Recorded data:
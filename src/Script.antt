-- ===== src/Script.antt =====
-- src/script.h and src/script.cpp
pub mod Opcode
pub mod Parse
pub mod Number
pub mod Machine
pub mod Compute
pub mod Eval
pub mod Compress
pub mod Samples
mod Tests
pub mod Walk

Activity
Give back exactly the lines from the line containing "pub mod Opcode" to the end of the entries, and no other lines.

Your response
pub mod Opcode
pub mod Parse
pub mod Number
pub mod Machine
pub mod Compute
pub mod Eval
pub mod Compress
pub mod Samples
mod Tests
pub mod Walk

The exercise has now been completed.